Te doped 1T/2H-MoSe2 nanosheets with rich defects as advanced anode materials for high-rate sodium ion half/full batteries

Abstract

MoSe₂ with a two-dimensional layer-like structure has been considered a promising anode material for sodium-ion batteries (SIBs) on account of its high capacity and rich reserves on Earth. However, the inherent low conductivity of 2H-MoSe₂, as well as the inevitable volume fluctuation during cycling, causes structural collapse and capacity decline, resulting in poor rate capability and unacceptable cycling stability. To improve the sodium storage properties of 2H-MoSe₂, the Te doping strategy has been adopted to successfully synthesize Te doped 1T/2H-MoSe₂ nanosheets (Te-MoSe₂) via a facile two-step reaction. The Te doping induces the phase transition of 2H-MoSe₂ to form 1T-MoSe₂, which can improve the electron conductivity and generate more active sites, benefiting the promotion of sodium storage capacity. Besides, the 1T/2H heterogeneous interface accelerates the charge transfer kinetics. Thus, as an innovative anode material for sodium-ion half batteries, Te-MoSe₂ exhibits better sodium storage performances than pure MoSe₂. The full batteries composed of the Te-MoSe₂ anode and Na₃V₂(PO₄)₃@rGO cathode also deliver remarkable electrochemical performances.

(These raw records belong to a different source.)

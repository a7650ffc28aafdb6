-- ===== src/Parse/Jumps.antt =====
-- reference/shen-gc/zincvm.c: `resolve_jumps`.
use fx_ui.Base.{◌-◌, ◌%◌, ◌^◌, ◌≡◌, refl, true, false, arith, ltb, Bool, if◌then◌else◌, if-cases}
use fx_ui.Base.Int.{ℤ, pos, negsuc}
use fx_ui.Value.{Value, Instr, Code, Opcode, instr, stop, step}
use fx_ui.Machine.State.{to_int, signed_32}

-- `(int)operand.number`, and 0 where the operand is no number.
abbrev pub jump_target : Value → ℤ
jump_target (Value.number n) = to_int n
jump_target v = pos 0

-- Code is a tree here, so the pass that writes `jmp_target` in place returns the new code.
abbrev mutual
  pub resolve_instr : Instr → Instr
  resolve_instr (instr Opcode.jmp v c t) = instr Opcode.jmp v c (jump_target v)
  resolve_instr (instr Opcode.jmpf v c t) = instr Opcode.jmpf v c (jump_target v)
  resolve_instr (instr Opcode.access v c t) = instr Opcode.access v c (jump_target v)
  resolve_instr (instr Opcode.cur v c t) = instr Opcode.cur v (resolve_jumps c) t
  resolve_instr i = i

  pub resolve_jumps : Code → Code
  resolve_jumps stop = stop
  resolve_jumps (step i c) = step (resolve_instr i) (resolve_jumps c)

abbrev pub is_int : ℤ → Bool
is_int (pos n) = ltb n (2 ^ 31)
is_int (negsuc n) = ltb n (2 ^ 31)

-- The target that an operand names: its number, where that is an `int`, and else the conversion of
-- it; 0 for no number.
abbrev pub Target : Value → ℤ → Type 0
Target (Value.number z) t = t ≡ (if is_int z then z else to_int z)
Target v t = t ≡ pos 0

-- The jumps of the code and of the closures in it have the targets that their operands name.
abbrev mutual
  pub Resolved : Instr → Type 0
  Resolved (instr Opcode.jmp v c t) = Target v t
  Resolved (instr Opcode.jmpf v c t) = Target v t
  Resolved (instr Opcode.access v c t) = Target v t
  Resolved (instr Opcode.cur v c t) = AllResolved c
  Resolved i = Unit

  pub AllResolved : Code → Type 0
  AllResolved stop = Unit
  AllResolved (step i c) = Resolved i × AllResolved c

int_kept : (z : ℤ) → is_int z ≡ true → to_int z ≡ z
unfolding to_int signed_32
int_kept (pos n) h =
    let same : n % 2 ^ 32 ≡ n = ground arith in
    let test : ltb n (2 ^ 31) ≡ true = h in rw (same, test) refl
int_kept (negsuc n) h =
    let same : 2 ^ 32 - 1 - n % 2 ^ 32 ≡ 2 ^ 32 - 1 - n = ground arith in
    let test : ltb (2 ^ 32 - 1 - n) (2 ^ 31) ≡ false = ground arith in
    let back : 2 ^ 32 - 1 - (2 ^ 32 - 1 - n) ≡ n = ground arith in rw (same, test, back) refl

jump_target-Target : (v : Value) → Target v (jump_target v)
jump_target-Target (Value.number z) =
    if-cases (λ x. to_int z ≡ x) (is_int z) z (to_int z) (int_kept z) (λ e. refl)
jump_target-Target (Value.string s) = refl
jump_target-Target v = refl

resolve_jumps-AllResolved : (c : Code) → AllResolved (resolve_jumps c)
resolve_jumps-AllResolved stop = tt
resolve_jumps-AllResolved (step (instr Opcode.cur v c t) code) =
    (resolve_jumps-AllResolved c, resolve_jumps-AllResolved code)
resolve_jumps-AllResolved (step (instr Opcode.jmp v c t) code) =
    (jump_target-Target v, resolve_jumps-AllResolved code)
resolve_jumps-AllResolved (step (instr Opcode.jmpf v c t) code) =
    (jump_target-Target v, resolve_jumps-AllResolved code)
resolve_jumps-AllResolved (step (instr Opcode.access v c t) code) =
    (jump_target-Target v, resolve_jumps-AllResolved code)
resolve_jumps-AllResolved (step _ code) = (tt, resolve_jumps-AllResolved code)

resolve_jumps_twice : (c : Code) → resolve_jumps (resolve_jumps c) ≡ resolve_jumps c
resolve_jumps_twice stop = refl
resolve_jumps_twice (step (instr Opcode.cur v c t) code) =
    rw (resolve_jumps_twice c, resolve_jumps_twice code) refl
resolve_jumps_twice (step i code) = rw (resolve_jumps_twice code) refl

-- The code without its targets.
abbrev mutual
  pub bare_instr : Instr → Instr
  bare_instr (instr op v c t) = instr op v (bare c) (pos 0)

  pub bare : Code → Code
  bare stop = stop
  bare (step i c) = step (bare_instr i) (bare c)

bare-resolve_jumps : (c : Code) → bare (resolve_jumps c) ≡ bare c
bare-resolve_jumps stop = refl
bare-resolve_jumps (step (instr Opcode.cur v c t) code) =
    rw (bare-resolve_jumps c, bare-resolve_jumps code) refl
bare-resolve_jumps (step i code) = rw (bare-resolve_jumps code) refl

-- After the pass every jump and access of the code, and of the closures in it at any depth, has as
-- its target the number of its operand, where that is an `int`, the `int` that a larger number is
-- converted to, and 0 where the operand is no number; nothing but the targets is changed, and a
-- second pass changes nothing.
pub resolve_jumps_lem :
    (c : Code)
    → AllResolved (resolve_jumps c)
      × (bare (resolve_jumps c) ≡ bare c)
      × (resolve_jumps (resolve_jumps c) ≡ resolve_jumps c)
resolve_jumps_lem c = (resolve_jumps-AllResolved c, bare-resolve_jumps c, resolve_jumps_twice c)
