-- ===== src/Bundle.antt =====
-- reference/shen-gc/zincvm.c: `parse_bundle`, which reads a bundle of named closures and stores each
-- in the defun table.
--
-- `Encode` is the written form and `RoundTrip` the proof that it is loaded, `Total` the fuel.
pub mod Encode
pub mod Total
pub mod RoundTrip
pub mod Boot
pub mod Fills
pub mod Start
use fx_ui.Base.{ℕ, zero, suc, ◌+◌, Option, none, some, [], ◌∷◌, ◌==◌, if◌then◌else◌, length}
use fx_ui.Base.Bytes.{Bytes}
use fx_ui.Value.{Value, Values, Code, Opcode, instr, stop, step}
use fx_ui.Parse.Reader.{Parsed, and_then, skip_ws, parse_csexp_atom}
use fx_ui.Parse.Body.{parse_csexp_list}
use fx_ui.Parse.Jumps.{resolve_jumps}
use fx_ui.Table.DefunTable.{DefunTable, Stored, defun_set}

-- The count that is returned and the table that is left; `overflow_full` is the `exit(1)` of
-- `defun_set`, `faulted` undefined behaviour in the parser, `starved` a model run out of fuel.
pub data Loaded : Type 0 where
  loaded : ℕ → DefunTable → Loaded
  overflow_full : Loaded
  faulted : Loaded
  starved : Loaded

-- The body in the outer `cur`; `none` where the code is empty or starts otherwise. A body has
-- memory of its own even where it is empty, so `closure_code` is no null pointer after a `cur`.
abbrev pub outer_cur : Bytes → Code → Option (Bytes × Code)
outer_cur name (step (instr Opcode.cur v body t) rest) = some (name, body)
outer_cur name code = none

-- The name, which is a symbol, and the code after it; `none` where the loop returns `count`.
abbrev pub after_name : Value → Bytes → Parsed (Option (Bytes × Code))
after_name (Value.symbol name) bs =
    and_then (parse_csexp_list (length bs + 1) bs)
      λ code rest. Parsed.parsed (outer_cur name code) rest
after_name v bs = Parsed.parsed none bs

-- The entry after its `(`, up to its `)`.
unfoldable pub parse_entry : Bytes → Parsed (Option (Bytes × Code))
parse_entry bs = and_then (parse_csexp_atom bs) after_name

abbrev pub entry_closure : Code → Value
entry_closure body = Value.lambda (resolve_jumps body) Values.empty

-- `count` is `n`; `more` is the loop on a shorter text.
abbrev pub close_entry : (ℕ → DefunTable → Bytes → Loaded) → ℕ → DefunTable → Bytes → Loaded
close_entry more n t [] = Loaded.loaded n t
close_entry more n t (c ∷ cs) = if c == b')' then more (n + 1) t cs else Loaded.loaded n t

abbrev pub after_defun : (ℕ → DefunTable → Bytes → Loaded) → ℕ → Stored → Bytes → Loaded
after_defun more n Stored.overflow_full rest = Loaded.overflow_full
after_defun more n (Stored.stored t) rest = close_entry more n t (skip_ws rest)

-- A parse error jumps to the handler, which returns 0, with the entries before it left stored.
abbrev pub load_entry :
    (ℕ → DefunTable → Bytes → Loaded) → ℕ → DefunTable → Parsed (Option (Bytes × Code)) → Loaded
load_entry more n t (Parsed.parsed (some (name, body)) rest) =
    after_defun more n (defun_set name (entry_closure body) t) rest
load_entry more n t (Parsed.parsed none rest) = Loaded.loaded n t
load_entry more n t Parsed.failed = Loaded.loaded 0 t
load_entry more n t Parsed.faulted = Loaded.faulted
load_entry more n t Parsed.starved = Loaded.starved

abbrev pub next_entry : (ℕ → DefunTable → Bytes → Loaded) → ℕ → DefunTable → Bytes → Loaded
next_entry more n t [] = Loaded.loaded n t
next_entry more n t (c ∷ cs) =
    if c == b')'
    then Loaded.loaded n t
    else if c == b'('
    then load_entry more n t (parse_entry cs)
    else Loaded.loaded n t

-- The loop, with a unit of fuel for each entry.
unfoldable pub load_entries : ℕ → ℕ → DefunTable → Bytes → Loaded
load_entries zero n t bs = Loaded.starved
load_entries (suc f) n t bs = next_entry (load_entries f) n t (skip_ws bs)

abbrev pub open_bundle : DefunTable → Bytes → Loaded
open_bundle t [] = Loaded.loaded 0 t
open_bundle t (c ∷ cs) =
    if c == b'(' then load_entries (length cs + 1) 0 t cs else Loaded.loaded 0 t

unfoldable pub parse_bundle : Bytes → DefunTable → Loaded
parse_bundle bs t = open_bundle t (skip_ws bs)
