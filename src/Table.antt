-- ===== src/Table.antt =====
-- reference/shen-gc/zincvm.c: the two global tables.
pub mod Hash
pub mod Entry
pub mod ValuesTable
pub mod DefunTable
pub mod Freeze
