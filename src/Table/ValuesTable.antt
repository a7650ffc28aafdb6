-- ===== src/Table/ValuesTable.antt =====
-- reference/shen-gc/zincvm.c: the values table, reached by `(value S)` and `(set S V)`: 256 slots,
-- linear probing, no deletion.
pub mod Probe
pub mod Count
pub mod Limits
pub mod Laws
use fx_ui.Base.{
  ℕ, zero, suc, ◌+◌, ◌%◌, ◌-◌, Bool, true, false, Option, none, some, List, leb, if◌then◌else◌, set,
  get_or, replicate,
}
use fx_ui.Base.Bytes.{Bytes, byte_eq}
use fx_ui.Value.{Value}
use fx_ui.Table.Hash.{hash_name}
use fx_ui.Table.Entry.{Slot, slot_at}

abbrev pub capacity : ℕ
capacity = 256

pub record ValuesTable : Type 0 where
  pub slots : List Slot
  pub used : ℕ

-- The loop over the slots stops: at an empty one, or at the name.
abbrev pub stops : Bytes → Slot → Bool
stops name none = true
stops name (some (k, v)) = byte_eq k name

-- `while (table[idx].name != NULL) { if (strcmp …) …; idx = (idx + 1) % CAP; }`, with the rounds
-- left; `none`: the loop has gone on for that many rounds.
unfoldable pub probe : ℕ → List Slot → ℕ → Bytes → Option ℕ
probe zero ts i name = none
probe (suc f) ts i name =
    let rest = probe f ts ((i + 1) % capacity) name in
    if stops name (slot_at ts i) then some i else rest

-- Twice round the table is forever: nothing changes on the way.
unfoldable pub find_slot : List Slot → Bytes → Option ℕ
find_slot ts name = probe capacity ts (hash_name name capacity) name

-- How a store ends: with the new table, with `exit(1)`, or never.
pub data Stored : Type 0 where
  stored : ValuesTable → Stored
  table_full : Stored
  spins : Stored

-- A new name counts in `used`, a known one keeps its slot.
abbrev pub count_new : Slot → ℕ → ℕ
count_new none used = used + 1
count_new (some e) used = used

abbrev pub store_at : Bytes → Value → ValuesTable → Option ℕ → Stored
store_at name v t none = Stored.spins
store_at name v t (some i) =
    Stored.stored (record {
      slots = set t.slots i (some (name, v));
      used = count_new (slot_at t.slots i) t.used;
    })

unfoldable pub value_set : Bytes → Value → ValuesTable → Stored
value_set name v t =
    if leb (capacity - 1) t.used
    then Stored.table_full
    else store_at name v t (find_slot t.slots name)

abbrev pub read_slot : Bytes → Slot → Value
read_slot name none = Value.symbol name
read_slot name (some (k, v)) = v

-- A name with no entry is the bare symbol. `none`: the loop never ends.
unfoldable pub value_get : Bytes → ValuesTable → Option Value
value_get name t = elim (find_slot t.slots name) [
  | none ↦ none
  | some i ↦ some (read_slot name (slot_at t.slots i))
]

-- The table of zeroed entries that the program starts with.
unfoldable pub empty_table : ValuesTable
empty_table = record { slots = replicate capacity none; used = 0 }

The related kinetics results confirm the excellent electron transfer efficiency and rapid Na⁺ diffusion behavior of Te-MoSe₂. Moreover, the reaction mechanism has also been elucidated by some ex situ characterization techniques. The good reversibility and excellent sodium storage properties of the Te-MoSe₂ electrode indicate its potential application in future energy storage fields.